→ Extracted data
--- START ---

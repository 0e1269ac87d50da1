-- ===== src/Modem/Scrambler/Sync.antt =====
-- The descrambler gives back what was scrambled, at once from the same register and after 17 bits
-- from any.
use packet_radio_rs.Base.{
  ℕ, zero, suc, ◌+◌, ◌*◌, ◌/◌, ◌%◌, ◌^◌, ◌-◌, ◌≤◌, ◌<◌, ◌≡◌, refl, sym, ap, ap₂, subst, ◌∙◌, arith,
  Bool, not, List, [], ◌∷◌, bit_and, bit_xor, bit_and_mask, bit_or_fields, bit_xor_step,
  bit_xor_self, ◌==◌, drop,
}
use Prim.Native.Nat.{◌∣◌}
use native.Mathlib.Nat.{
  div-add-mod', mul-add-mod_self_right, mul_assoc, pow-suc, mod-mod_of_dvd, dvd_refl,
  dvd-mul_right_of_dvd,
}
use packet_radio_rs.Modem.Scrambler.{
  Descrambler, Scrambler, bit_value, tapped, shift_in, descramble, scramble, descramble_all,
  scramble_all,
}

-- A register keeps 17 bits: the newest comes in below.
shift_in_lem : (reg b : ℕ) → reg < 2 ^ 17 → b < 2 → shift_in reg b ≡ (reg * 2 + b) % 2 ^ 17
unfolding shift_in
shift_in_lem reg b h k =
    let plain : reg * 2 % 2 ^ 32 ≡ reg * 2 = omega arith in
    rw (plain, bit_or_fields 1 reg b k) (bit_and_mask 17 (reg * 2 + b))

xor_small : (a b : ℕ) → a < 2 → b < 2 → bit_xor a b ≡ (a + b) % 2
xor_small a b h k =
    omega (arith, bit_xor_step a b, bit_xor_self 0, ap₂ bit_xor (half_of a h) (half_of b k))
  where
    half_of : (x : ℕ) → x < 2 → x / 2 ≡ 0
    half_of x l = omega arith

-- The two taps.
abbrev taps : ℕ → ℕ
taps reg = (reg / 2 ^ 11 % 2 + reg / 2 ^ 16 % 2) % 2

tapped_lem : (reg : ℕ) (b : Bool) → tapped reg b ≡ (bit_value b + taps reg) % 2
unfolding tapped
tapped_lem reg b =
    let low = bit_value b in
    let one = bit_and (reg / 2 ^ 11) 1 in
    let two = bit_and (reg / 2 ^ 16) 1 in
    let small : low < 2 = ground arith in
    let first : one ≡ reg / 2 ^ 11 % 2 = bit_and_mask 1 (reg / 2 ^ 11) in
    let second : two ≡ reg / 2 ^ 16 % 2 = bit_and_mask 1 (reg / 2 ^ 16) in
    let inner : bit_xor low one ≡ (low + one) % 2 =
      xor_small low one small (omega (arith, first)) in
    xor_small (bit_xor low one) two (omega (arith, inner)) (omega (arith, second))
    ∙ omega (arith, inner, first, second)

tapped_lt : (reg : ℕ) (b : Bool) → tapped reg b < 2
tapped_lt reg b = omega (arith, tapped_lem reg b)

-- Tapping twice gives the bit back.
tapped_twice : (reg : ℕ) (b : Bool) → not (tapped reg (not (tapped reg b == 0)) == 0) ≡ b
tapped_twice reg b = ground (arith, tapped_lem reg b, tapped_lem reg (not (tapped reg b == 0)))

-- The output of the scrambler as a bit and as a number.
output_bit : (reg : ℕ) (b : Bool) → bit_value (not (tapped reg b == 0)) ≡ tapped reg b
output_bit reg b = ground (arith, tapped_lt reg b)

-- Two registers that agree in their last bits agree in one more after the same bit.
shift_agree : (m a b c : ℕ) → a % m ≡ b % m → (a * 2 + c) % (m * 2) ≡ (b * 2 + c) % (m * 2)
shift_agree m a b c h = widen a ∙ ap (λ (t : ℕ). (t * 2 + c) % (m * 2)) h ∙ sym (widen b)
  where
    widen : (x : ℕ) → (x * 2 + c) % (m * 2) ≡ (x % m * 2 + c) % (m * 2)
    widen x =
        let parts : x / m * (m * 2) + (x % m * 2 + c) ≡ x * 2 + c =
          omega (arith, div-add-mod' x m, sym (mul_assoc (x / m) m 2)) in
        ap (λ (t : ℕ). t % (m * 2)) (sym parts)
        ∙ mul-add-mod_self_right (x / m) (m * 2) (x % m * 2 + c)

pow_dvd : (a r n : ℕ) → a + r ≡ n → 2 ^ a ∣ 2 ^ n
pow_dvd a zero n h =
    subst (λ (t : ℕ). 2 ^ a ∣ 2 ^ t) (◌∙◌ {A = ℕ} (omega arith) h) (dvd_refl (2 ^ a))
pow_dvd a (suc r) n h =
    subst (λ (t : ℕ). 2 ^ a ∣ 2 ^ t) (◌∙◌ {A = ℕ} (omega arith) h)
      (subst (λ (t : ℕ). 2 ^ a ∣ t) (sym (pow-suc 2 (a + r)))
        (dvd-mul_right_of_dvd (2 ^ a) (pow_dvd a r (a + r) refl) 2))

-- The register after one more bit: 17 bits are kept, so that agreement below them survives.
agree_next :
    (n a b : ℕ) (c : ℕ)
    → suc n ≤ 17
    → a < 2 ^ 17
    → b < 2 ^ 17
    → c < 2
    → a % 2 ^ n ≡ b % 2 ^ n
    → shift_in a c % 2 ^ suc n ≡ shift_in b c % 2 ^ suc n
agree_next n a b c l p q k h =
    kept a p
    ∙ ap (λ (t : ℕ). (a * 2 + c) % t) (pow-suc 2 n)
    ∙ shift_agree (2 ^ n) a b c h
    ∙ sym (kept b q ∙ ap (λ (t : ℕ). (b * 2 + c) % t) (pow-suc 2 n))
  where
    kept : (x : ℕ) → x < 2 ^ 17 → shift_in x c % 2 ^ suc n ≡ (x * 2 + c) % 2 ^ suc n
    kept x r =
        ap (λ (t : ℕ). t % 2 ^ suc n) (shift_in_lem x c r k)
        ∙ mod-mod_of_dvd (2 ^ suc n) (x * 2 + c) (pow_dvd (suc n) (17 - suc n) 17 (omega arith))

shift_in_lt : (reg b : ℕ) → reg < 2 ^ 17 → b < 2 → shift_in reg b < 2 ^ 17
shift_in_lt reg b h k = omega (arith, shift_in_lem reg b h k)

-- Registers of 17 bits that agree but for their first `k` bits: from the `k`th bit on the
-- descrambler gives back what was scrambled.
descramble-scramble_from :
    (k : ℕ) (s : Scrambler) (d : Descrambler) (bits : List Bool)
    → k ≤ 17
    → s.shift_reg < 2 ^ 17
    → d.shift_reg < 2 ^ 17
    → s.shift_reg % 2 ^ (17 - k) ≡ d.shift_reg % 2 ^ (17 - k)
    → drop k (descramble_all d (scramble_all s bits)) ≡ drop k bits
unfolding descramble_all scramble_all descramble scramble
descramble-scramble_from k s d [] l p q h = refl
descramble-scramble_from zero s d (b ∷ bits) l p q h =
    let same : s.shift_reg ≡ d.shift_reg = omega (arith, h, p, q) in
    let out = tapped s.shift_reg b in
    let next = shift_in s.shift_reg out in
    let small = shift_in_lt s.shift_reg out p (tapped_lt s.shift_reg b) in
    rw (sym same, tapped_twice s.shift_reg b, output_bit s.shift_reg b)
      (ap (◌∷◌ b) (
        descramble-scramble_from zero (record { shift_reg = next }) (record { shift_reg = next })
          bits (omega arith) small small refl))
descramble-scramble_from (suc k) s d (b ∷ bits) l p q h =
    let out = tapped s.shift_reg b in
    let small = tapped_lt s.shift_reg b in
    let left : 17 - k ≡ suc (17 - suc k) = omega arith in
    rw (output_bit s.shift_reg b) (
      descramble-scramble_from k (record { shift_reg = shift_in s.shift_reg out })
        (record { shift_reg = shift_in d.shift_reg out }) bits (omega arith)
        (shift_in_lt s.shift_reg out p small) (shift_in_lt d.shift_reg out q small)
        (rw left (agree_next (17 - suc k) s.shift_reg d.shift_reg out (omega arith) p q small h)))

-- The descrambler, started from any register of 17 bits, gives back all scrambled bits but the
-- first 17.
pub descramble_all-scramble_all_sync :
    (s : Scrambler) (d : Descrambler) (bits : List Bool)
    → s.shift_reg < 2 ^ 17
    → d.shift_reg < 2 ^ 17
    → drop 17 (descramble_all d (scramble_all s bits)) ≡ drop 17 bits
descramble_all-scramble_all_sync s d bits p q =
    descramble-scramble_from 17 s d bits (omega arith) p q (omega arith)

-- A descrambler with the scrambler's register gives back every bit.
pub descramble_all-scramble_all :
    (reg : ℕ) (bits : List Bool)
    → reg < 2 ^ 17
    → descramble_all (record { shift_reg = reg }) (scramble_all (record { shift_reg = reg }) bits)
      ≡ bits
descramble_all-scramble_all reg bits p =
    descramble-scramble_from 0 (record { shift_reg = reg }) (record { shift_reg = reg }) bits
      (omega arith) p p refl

--- END ---
--- START ---

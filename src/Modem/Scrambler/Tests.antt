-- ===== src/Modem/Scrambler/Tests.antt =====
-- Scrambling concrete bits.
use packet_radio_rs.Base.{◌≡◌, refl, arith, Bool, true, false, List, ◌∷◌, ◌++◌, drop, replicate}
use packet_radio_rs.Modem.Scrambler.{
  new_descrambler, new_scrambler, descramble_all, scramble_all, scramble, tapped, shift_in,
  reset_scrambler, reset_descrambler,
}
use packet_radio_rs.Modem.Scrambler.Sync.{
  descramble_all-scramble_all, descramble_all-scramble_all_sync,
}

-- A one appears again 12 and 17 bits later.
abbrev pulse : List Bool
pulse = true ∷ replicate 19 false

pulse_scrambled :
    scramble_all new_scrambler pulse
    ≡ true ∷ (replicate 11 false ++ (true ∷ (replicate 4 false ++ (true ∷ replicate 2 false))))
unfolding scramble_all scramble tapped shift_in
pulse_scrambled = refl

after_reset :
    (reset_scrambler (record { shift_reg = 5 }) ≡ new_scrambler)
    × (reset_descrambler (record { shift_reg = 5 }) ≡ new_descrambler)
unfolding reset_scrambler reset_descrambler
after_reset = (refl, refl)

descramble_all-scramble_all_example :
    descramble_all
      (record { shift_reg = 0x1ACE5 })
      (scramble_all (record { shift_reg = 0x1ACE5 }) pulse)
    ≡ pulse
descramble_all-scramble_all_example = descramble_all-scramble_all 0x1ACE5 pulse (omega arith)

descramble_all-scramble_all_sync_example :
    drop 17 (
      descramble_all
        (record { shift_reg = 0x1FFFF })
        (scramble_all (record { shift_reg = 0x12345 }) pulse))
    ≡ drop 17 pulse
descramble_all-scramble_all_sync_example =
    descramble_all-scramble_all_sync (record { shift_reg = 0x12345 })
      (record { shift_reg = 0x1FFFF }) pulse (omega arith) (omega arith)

--- END ---

→ The problem
Scan the data for the string "subst" and copy each line in which it occurs.

→ Final answer
  ℕ, zero, suc, ◌+◌, ◌*◌, ◌/◌, ◌%◌, ◌^◌, ◌-◌, ◌≤◌, ◌<◌, ◌≡◌, refl, sym, ap, ap₂, subst, ◌∙◌, arith,
    subst (λ (t : ℕ). 2 ^ a ∣ 2 ^ t) (◌∙◌ {A = ℕ} (omega arith) h) (dvd_refl (2 ^ a))
    subst (λ (t : ℕ). 2 ^ a ∣ 2 ^ t) (◌∙◌ {A = ℕ} (omega arith) h)
      (subst (λ (t : ℕ). 2 ^ a ∣ t) (sym (pow-suc 2 (a + r)))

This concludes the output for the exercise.